- [Exercise brief] The answer must be every line of the records below that contains the word "successfully".

- [Study material]
-- ===== src/Captain/Registration/Defs.antt =====
-- captain/internal/server/service/worker_service.go. Each query of the database is an argument. Time
-- stamps are left out. `id` is what uuid.New returned.
use subnetwork_system_torchl.Prelude.{
  ℕ, List, [], ◌∷◌, ◌++◌, Option, none, some, if◌then◌else◌, ℤ, ◌==◌, map,
}
use subnetwork_system_torchl.Text.{Str, codes, str_eq}
use subnetwork_system_torchl.Manager.Models.{Uuid}
use subnetwork_system_torchl.Captain.Replies.{
  Answer, rows, no_rows, broken, Ret, done, failed, crashed, ok_200, created_201, not_found_404,
  internal_500,
}

-- The pointers of a decoded body; none is nil.
pub record AddWorkerRequest : Type 0 where
  pub region_name : Option Str
  pub ip_address : Option Str
  pub port : Option ℤ
  pub pool_id : Option Uuid

pub record CreateWorkerParams : Type 0 where
  pub id : Uuid
  pub name : Str
  pub region_name : Str
  pub ip_address : Str
  pub port : ℤ
  pub pool_id : Uuid

-- A worker as the database returns it.
pub record WorkerRow : Type 0 where
  pub id : Uuid
  pub name : Str
  pub region_name : Str
  pub ip_address : Str
  pub status : Str
  pub port : ℤ
  pub pool_id : Uuid
  pub domains : List Str

-- A worker as the API answers it; its identity is a text here.
pub record AddWorkerResponse : Type 0 where
  pub id : Str
  pub name : Str
  pub region_name : Str
  pub ip_address : Str
  pub status : Str
  pub port : ℤ
  pub pool_id : Uuid
  pub domains : List Str

-- Login
unfoldable pub login : Answer WorkerRow → Ret (Unit {0})
login (rows worker) = done tt ok_200 []
login no_rows = failed not_found_404 (codes "Worker not found")
login broken = failed internal_500 (codes "Failed to get worker")

-- The name that CreateWorker gives to a worker, by its region and by id.String().
unfoldable pub worker_name : Str → Str → Str
worker_name region id =
    if str_eq region (codes "North America")
    then codes "usa-" ++ id
    else if str_eq region (codes "Europe")
    then codes "eu-" ++ id
    else if str_eq region (codes "Asia")
    then codes "asia-" ++ id
    else codes "globe-" ++ id

-- `string` is uuid.UUID.String.
unfoldable pub response_of : (Uuid → Str) → WorkerRow → AddWorkerResponse
response_of string worker = record {
  id = string worker.id;
  name = worker.name;
  region_name = worker.region_name;
  ip_address = worker.ip_address;
  status = worker.status;
  port = worker.port;
  pool_id = worker.pool_id;
  domains = worker.domains;
}

-- The response has the region of the request and no domains.
worker_created : (Uuid → Str) → Str → Answer WorkerRow → Ret AddWorkerResponse
unfolding response_of
worker_created string region (rows worker) =
    done (record (response_of string worker) { region_name = region; domains = [] }) ok_200 []
worker_created string region _ = failed internal_500 (codes "Internal Server Error")

-- CreateWorker dereferences all four pointers.
unfoldable pub create_worker :
    (Uuid → Str)
    → (CreateWorkerParams → Answer WorkerRow)
    → Uuid
    → Option Str
    → Option Str
    → Option ℤ
    → Option Uuid
    → Ret AddWorkerResponse
unfolding worker_created worker_name
create_worker string query id (some region) (some ip) (some port) (some pool) =
    worker_created string region (
      query (record {
        id = id;
        name = worker_name region (string id);
        region_name = region;
        ip_address = ip;
        port = port;
        pool_id = pool;
      }))
create_worker string query id _ _ _ _ = crashed

-- none is the nil slice; the error of a query without rows is not passed on.
unfoldable pub get_workers :
    (Uuid → Str) → Answer (List WorkerRow) → Ret (Option (List AddWorkerResponse))
get_workers string (rows []) = done none ok_200 []
get_workers string (rows (w ∷ ws)) = done (some (map (response_of string) (w ∷ ws))) ok_200 []
get_workers string no_rows = done none not_found_404 (codes "No workers found")
get_workers string broken = failed internal_500 (codes "Internal Server Error")

unfoldable pub get_worker_by_name : (Uuid → Str) → Answer WorkerRow → Ret AddWorkerResponse
get_worker_by_name string (rows worker) = done (response_of string worker) ok_200 []
get_worker_by_name string no_rows = failed not_found_404 (codes "Worker not found")
get_worker_by_name string broken = failed internal_500 (codes "Internal Server Error")

-- On the number of rows affected.
unfoldable pub delete_worker : Answer ℕ → Ret (Unit {0})
delete_worker (rows affected) =
    if affected == 0
    then done tt not_found_404 (codes "Worker not found")
    else done tt ok_200 (codes "worker deleted successfully")
delete_worker _ = failed internal_500 (codes "Internal Server Error")

unfoldable pub add_worker_domain : Answer (Unit {0}) → Ret (Unit {0})
add_worker_domain (rows _) = done tt created_201 (codes "Domains added successfully")
add_worker_domain no_rows = failed not_found_404 (codes "Worker not found")
add_worker_domain broken = failed internal_500 (codes "Failed to add domain")

unfoldable pub delete_worker_domain : Answer ℕ → Ret (Unit {0})
delete_worker_domain (rows affected) =
    if affected == 0
    then done tt not_found_404 (codes "No domains deleted")
    else done tt ok_200 (codes "Domain deleted successfully")
delete_worker_domain _ = failed internal_500 (codes "Failed to delete domain")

- [Answer section]
    else done tt ok_200 (codes "worker deleted successfully")
add_worker_domain (rows _) = done tt created_201 (codes "Domains added successfully")
    else done tt ok_200 (codes "Domain deleted successfully")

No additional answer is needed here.